** SUPPLIED MATERIAL follows **

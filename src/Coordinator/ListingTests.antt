-- ===== src/Coordinator/ListingTests.antt =====
-- What is shown of a job, at small databases.
use neuralmesh.Common.{refl, ◌≡◌, none}
use neuralmesh.Common.Int.{◌*ℤ◌, ◌+ℤ◌, ◌-ℤ◌}
use neuralmesh.Coordinator.Jobs.{submit_job}
use neuralmesh.Coordinator.Listing.{get_job, job_view}
use neuralmesh.Coordinator.Listing.Viewing.{submit_job-get_job}
use neuralmesh.Coordinator.Rows.{queued}
use neuralmesh.Coordinator.Sample.{job_order, empty, job_row, credit_row}
use neuralmesh.Coordinator.Store.{ok}

submit_job-get_job_example :
    (get_job 1 (submit_job job_order 1 2 3 empty).1).0
    ≡ ok (record (job_view (job_row 1 queued none none 0)) { runtime = "mlx" })
unfolding ◌+ℤ◌ ◌-ℤ◌ ◌*ℤ◌
submit_job-get_job_example =
    submit_job-get_job job_order 1 2 3 empty (credit_row 7 50 10) refl refl refl refl refl refl
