-- ===== src/Coordinator/Logs/Polling.antt =====
-- Reading a log piece by piece.
use Prim.Native.String.len
use Prim.Native.String.append
use Prim.Native.String.{String, ◌++◌ as ◌+++◌, len}
use text.Mathlib.Text.{get?}
use text.Mathlib.TextLemmas.{append-nil}
use text.Mathlib.TextPositions.{len-append, len_utf8-pos, get?-append_middle}
use neuralmesh.Common.{
  ◌≡◌, arith, some, refl, none, inl, inr, [], ◌+◌, ap, subst, sym, ltb, Bool-cases, ℕ, ◌==◌, ◌∙◌,
  Option, eqb_refl, eqb→eq,
}
use neuralmesh.Coordinator.Jobs.{is_terminal}
use neuralmesh.Coordinator.Logs.{output_from, get_job_logs, append_job_log, append_log}
use neuralmesh.Coordinator.Rows.{Job}
use neuralmesh.Coordinator.Store.{unwrap_or, ok, Conn}
use neuralmesh.Database.{RowId}
use neuralmesh.Float.{Float}

len_zero : (s : String) → len s ≡ 0 → s ≡ ""
len_zero String.[] e = refl
len_zero (String.◌∷◌ c s) e =
    let whole = len.cons c s in
    let width = len_utf8-pos c in absurd (ground (arith, whole, width.1))

from_end : (s t : String) → get? (s +++ t) (len s) (len (s +++ t)) ≡ some t
from_end s t = rw (len-append s t) (
    subst (λ u. get? (s +++ u) (len s) (len s + len t) ≡ some t) (append-nil t)
      (get?-append_middle s t ""))

-- What follows a text that has been read is the rest.
output_from-append : (s t : String) → output_from (s +++ t) (len s) ≡ some t
output_from-append s t = elim (Bool-cases (ltb (len s) (len (s +++ t)))) [
  | inl longer ↦ rw longer (from_end s t)
  | inr same ↦
      let total = len-append s t in
      let nothing : t ≡ "" = len_zero t (ground (arith, total)) in rw same (ap some (sym nothing))
]

output_from-zero : (s : String) → output_from s 0 ≡ some s
output_from-zero s = subst (λ u. output_from u 0 ≡ some s) (append.nil s) (output_from-append "" s)

module _ {R : Float} where
  read_log :
      (job_id : RowId) (offset : Option ℕ) (c : Conn R) (j : Job R) (output : String) (e : ℕ)
      → c.faults ≡ []
      → c.store.jobs.row job_id ≡ some j
      → output_from (unwrap_or j.output_log "") (unwrap_or offset 0) ≡ some output
      → unwrap_or offset 0 + len output ≡ e
      → (get_job_logs job_id offset c).0
        ≡ ok (
            some (record {
              job_id = job_id;
              output = output;
              is_complete = is_terminal j.state;
              offset = e;
            }))
  unfolding get_job_logs
  read_log job_id offset c j output e f row is sum = rw (f, row, is, sum) refl

  reads_appended :
      (job_id : RowId) (output : String) (c : Conn R) (j : Job R)
      → c.faults ≡ []
      → c.store.jobs.row job_id ≡ some j
      → let log = unwrap_or j.output_log "" in
        (get_job_logs job_id (some (len log)) (append_job_log job_id output c).1).0
        ≡ ok (
            some (record {
              job_id = job_id;
              output = output;
              is_complete = is_terminal j.state;
              offset = len log + len output;
            }))
  unfolding append_job_log
  reads_appended job_id output c j f row =
      let log = unwrap_or j.output_log "" in
      let rest = output_from-append log output in
      elim (Bool-cases (len output == 0)) [
        | inl nothing ↦
            let same : log +++ output ≡ log =
              ap (λ t. log +++ t) (len_zero output (eqb→eq (len output) 0 nothing))
              ∙ append-nil log in
            rw nothing (
              read_log job_id (some (len log)) c j output _ f row
                (subst (λ t. output_from t (len log) ≡ some output) same rest) refl)
        | inr more ↦
            rw (more, f)
              (read_log job_id (some (len log)) _ (append_log output j) output _ refl
                (rw (eqb_refl job_id, row) refl) rest refl)
      ]

  -- With no fault, a reader that polls the log, then again from the offset of the reply after more output
  -- has been appended, gets the log as it was and then exactly what was appended, of any length and
  -- in any characters, and the offset of the end. The job exists.
  pub get_job_logs-append_job_log :
      (job_id : RowId) (output : String) (c : Conn R) (j : Job R)
      → c.faults ≡ []
      → c.store.jobs.row job_id ≡ some j
      → let log = unwrap_or j.output_log "" in
        let after = append_job_log job_id output c in
        ((get_job_logs job_id none c).0
          ≡ ok (
              some (record {
                job_id = job_id;
                output = log;
                is_complete = is_terminal j.state;
                offset = len log;
              })))
        × ((get_job_logs job_id (some (len log)) after.1).0
            ≡ ok (
                some (record {
                  job_id = job_id;
                  output = output;
                  is_complete = is_terminal j.state;
                  offset = len log + len output;
                })))
  get_job_logs-append_job_log job_id output c j f row =
      let log = unwrap_or j.output_log "" in
      (
        read_log job_id none c j log (len log) f row (output_from-zero log) (omega arith),
        reads_appended job_id output c j f row,
      )
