-- ===== src/Coordinator/Matching/Ranking.antt =====
-- The provider that an auction picks is a candidate, and none of the candidates scores better.
use neuralmesh.Common.{
  inr, [], some, ◌≡◌, ◌∷◌, Option, false, true, List, inl, refl, Bool, arith, ◌⊎◌, Bool-cases, All,
  Member, Option-cases, none, subst, Member-take, ◌≢◌, List-cases, take,
}
use neuralmesh.Common.Int.{ℤ}
use neuralmesh.Coordinator.Matching.{
  sort_by_price, max_by, insert_by_price, is_candidate, candidates, score_of, find_best_provider,
  best_of, max_candidates, floor_of,
}
use neuralmesh.Coordinator.Rows.{Provider, Store}
use neuralmesh.Coordinator.Store.{ok, Conn}
use neuralmesh.Database.{RowId, scan_ids, scan}
use neuralmesh.Float.{IsOrdered, Float}

module _ {R : Float} where
  pub Member-scan_ids :
      (p : Provider R → Bool) (row : RowId → Option (Provider R)) (b : Provider R) (ks : List RowId)
      → Member b (scan_ids p row ks)
      → p b ≡ true × ((k : RowId) × (row k ≡ some b))
  unfolding scan_ids
  Member-scan_ids p row b [] m = elim m [ ]
  Member-scan_ids p row b (k ∷ ks) m = elim (Option-cases (row k)) [
    | inl none_there ↦ Member-scan_ids p row b ks (rw none_there at m)
    | inr (a, there) ↦ elim (Bool-cases (p a)) [
      | inl h ↦ elim (rw (there, h) at m) [
        | inl e ↦ (ground arith, (k, ground arith))
        | inr n ↦ Member-scan_ids p row b ks n
      ]
      | inr h ↦ Member-scan_ids p row b ks (rw (there, h) at m)
    ]
  ]

  pub Member-insert_by_price :
      (b p : Provider R) (ps : List (Provider R))
      → Member b (insert_by_price p ps)
      → (b ≡ p) ⊎ Member b ps
  unfolding insert_by_price
  Member-insert_by_price b p [] m = m
  Member-insert_by_price b p (q ∷ qs) m = ground (arith, Member-insert_by_price b p qs)

  pub Member-sort_by_price :
      (b : Provider R) (ps : List (Provider R)) → Member b (sort_by_price ps) → Member b ps
  unfolding sort_by_price
  Member-sort_by_price b [] m = m
  Member-sort_by_price b (p ∷ ps) m = elim (Member-insert_by_price b p (sort_by_price ps) m) [
    | inl e ↦ inl e
    | inr n ↦ inr (Member-sort_by_price b ps n)
  ]

  pub max_by-Member :
      (score : Provider R → R.F) (b : Provider R) (ps : List (Provider R))
      → Member (max_by score b ps) (b ∷ ps)
  unfolding max_by
  max_by-Member score b [] = inl refl
  max_by-Member score b (p ∷ ps) =
      ground (arith, max_by-Member score b ps, max_by-Member score p ps)

  pub max_by-not_lt :
      IsOrdered R
      → (score : Provider R → R.F) (b : Provider R) (ps : List (Provider R))
      → All (λ q. R.lt (score (max_by score b ps)) (score q) ≡ false) (b ∷ ps)
  unfolding max_by
  max_by-not_lt ord score b [] = (ord.irrefl (score b), tt)
  max_by-not_lt ord score b (p ∷ ps) = elim (Bool-cases (R.lt (score p) (score b))) [
    | inl h ↦
        let (above, rest) = max_by-not_lt ord score b ps in
        let trans = ord.not_lt_trans (score (max_by score b ps)) (score b) (score p) in
        let same : max_by score b ps ≡ max_by score b (p ∷ ps) = rw h in
        subst (λ m. All (λ q. R.lt (score m) (score q) ≡ false) (b ∷ p ∷ ps)) same
          (above, (trans above (ord.asym (score p) (score b) h), rest))
    | inr h ↦
        let (above, rest) = max_by-not_lt ord score p ps in
        let trans = ord.not_lt_trans (score (max_by score p ps)) (score p) (score b) in
        let same : max_by score p ps ≡ max_by score b (p ∷ ps) = rw h in
        subst (λ m. All (λ q. R.lt (score m) (score q) ≡ false) (b ∷ p ∷ ps)) same
          (trans above h, (above, rest))
  ]

  none-ne-some : (b : Provider R) → ¬ (Path (Option (Provider R)) none (some b))
  none-ne-some b h = ground arith

  found-eq-ok :
      (min_ram_gb : ℤ) (max_price : R.F) (c : Conn R) (k : RowId)
      → (find_best_provider min_ram_gb max_price c).0 ≡ ok (some k)
      → (b : Provider R) × (best_of (score_of max_price) (candidates min_ram_gb max_price c.store)
          ≡ some b)
        × (b.provider_id ≡ k)
  unfolding find_best_provider
  found-eq-ok min_ram_gb max_price c k h =
      elim (Option-cases (best_of (score_of max_price) (candidates min_ram_gb max_price c.store))) [
        | inl e ↦ absurd (ground arith)
        | inr (b, e) ↦ (b, e, ground arith)
      ]

  best_of-Member :
      (score : Provider R → R.F) (b : Provider R) (l : List (Provider R))
      → best_of score l ≡ some b
      → Member b l
  unfolding best_of
  best_of-Member score b [] h = absurd (none-ne-some b h)
  best_of-Member score b (p ∷ ps) h =
      let same : max_by score p ps ≡ b = ground arith in
      subst (λ m. Member m (p ∷ ps)) same (max_by-Member score p ps)

  candidates-row :
      (min_ram_gb : ℤ) (max_price : R.F) (s : Store R) (b : Provider R)
      → Member b (candidates min_ram_gb max_price s)
      → (is_candidate min_ram_gb max_price b ≡ true) × ((j : RowId) × (s.providers.row j ≡ some b))
  unfolding candidates scan
  candidates-row min_ram_gb max_price s b m =
      Member-scan_ids (is_candidate min_ram_gb max_price) s.providers.row b s.providers.ids
        (Member-sort_by_price b _ (Member-take max_candidates b _ m))

  pub found-candidate :
      (min_ram_gb : ℤ) (max_price : R.F) (c : Conn R) (k : RowId)
      → (find_best_provider min_ram_gb max_price c).0 ≡ ok (some k)
      → (b : Provider R) × (b.provider_id ≡ k)
        × ((is_candidate min_ram_gb max_price b ≡ true)
            × ((j : RowId) × (c.store.providers.row j ≡ some b)))
  found-candidate min_ram_gb max_price c k h =
      let (b, found, same) = found-eq-ok min_ram_gb max_price c k h in
      (b, same, candidates-row min_ram_gb max_price c.store b (best_of-Member _ b _ found))

  insert_by_price-cons :
      (p : Provider R) (ps : List (Provider R))
      → (q : Provider R) × (qs : List (Provider R)) × (insert_by_price p ps ≡ q ∷ qs)
  unfolding insert_by_price
  insert_by_price-cons p [] = (p, [], refl)
  insert_by_price-cons p (q ∷ qs) = elim (Bool-cases (R.lt (floor_of q) (floor_of p))) [
    | inl h ↦ (q, insert_by_price p qs, rw h)
    | inr h ↦ (p, q ∷ qs, rw h)
  ]

  sort_by_price-cons :
      (p : Provider R) (ps : List (Provider R))
      → (q : Provider R) × (qs : List (Provider R)) × (sort_by_price (p ∷ ps) ≡ q ∷ qs)
  unfolding sort_by_price
  sort_by_price-cons p ps = insert_by_price-cons p (sort_by_price ps)

  found-ne-none :
      (min_ram_gb : ℤ) (max_price : R.F) (c : Conn R) (p : Provider R) (ps : List (Provider R))
      → candidates min_ram_gb max_price c.store ≡ p ∷ ps
      → (find_best_provider min_ram_gb max_price c).0 ≢ ok none
  unfolding find_best_provider best_of
  found-ne-none min_ram_gb max_price c p ps e h = ground arith

  -- The search answers that there is no provider only where none of the providers is
  -- available with the memory and a floor price within the limit.
  pub find_best_provider-none :
      (min_ram_gb : ℤ) (max_price : R.F) (c : Conn R)
      → (find_best_provider min_ram_gb max_price c).0 ≡ ok none
      → scan (is_candidate min_ram_gb max_price) c.store.providers ≡ []
  unfolding candidates
  find_best_provider-none min_ram_gb max_price c h =
      elim (List-cases (scan (is_candidate min_ram_gb max_price) c.store.providers)) [
        | inl e ↦ e
        | inr (p, ps, e) ↦
            let (q, qs, sorted) = sort_by_price-cons p ps in
            absurd (found-ne-none min_ram_gb max_price c q (take 19 qs) (rw (e, sorted)) h)
      ]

** End of SUPPLIED MATERIAL **

# EXERCISE OBJECTIVE
Set down, from the entries above, exactly the lines from the one with "none-ne-some b h = ground arith" up to and including the one with "R) × (b.provider_id ≡ k)", and no other lines.

# REPLY TO THE TASK
  none-ne-some b h = ground arith

  found-eq-ok :
      (min_ram_gb : ℤ) (max_price : R.F) (c : Conn R) (k : RowId)
      → (find_best_provider min_ram_gb max_price c).0 ≡ ok (some k)
      → (b : Provider R) × (best_of (score_of max_price) (candidates min_ram_gb max_price c.store)
          ≡ some b)
        × (b.provider_id ≡ k)
  unfolding find_best_provider
  found-eq-ok min_ram_gb max_price c k h =
      elim (Option-cases (best_of (score_of max_price) (candidates min_ram_gb max_price c.store))) [
        | inl e ↦ absurd (ground arith)
        | inr (b, e) ↦ (b, e, ground arith)
      ]

  best_of-Member :
      (score : Provider R → R.F) (b : Provider R) (l : List (Provider R))
      → best_of score l ≡ some b
      → Member b l
  unfolding best_of
  best_of-Member score b [] h = absurd (none-ne-some b h)
  best_of-Member score b (p ∷ ps) h =
      let same : max_by score p ps ≡ b = ground arith in
      subst (λ m. Member m (p ∷ ps)) same (max_by-Member score p ps)

  candidates-row :
      (min_ram_gb : ℤ) (max_price : R.F) (s : Store R) (b : Provider R)
      → Member b (candidates min_ram_gb max_price s)
      → (is_candidate min_ram_gb max_price b ≡ true) × ((j : RowId) × (s.providers.row j ≡ some b))
  unfolding candidates scan
  candidates-row min_ram_gb max_price s b m =
      Member-scan_ids (is_candidate min_ram_gb max_price) s.providers.row b s.providers.ids
        (Member-sort_by_price b _ (Member-take max_candidates b _ m))

  pub found-candidate :
      (min_ram_gb : ℤ) (max_price : R.F) (c : Conn R) (k : RowId)
      → (find_best_provider min_ram_gb max_price c).0 ≡ ok (some k)
      → (b : Provider R) × (b.provider_id ≡ k)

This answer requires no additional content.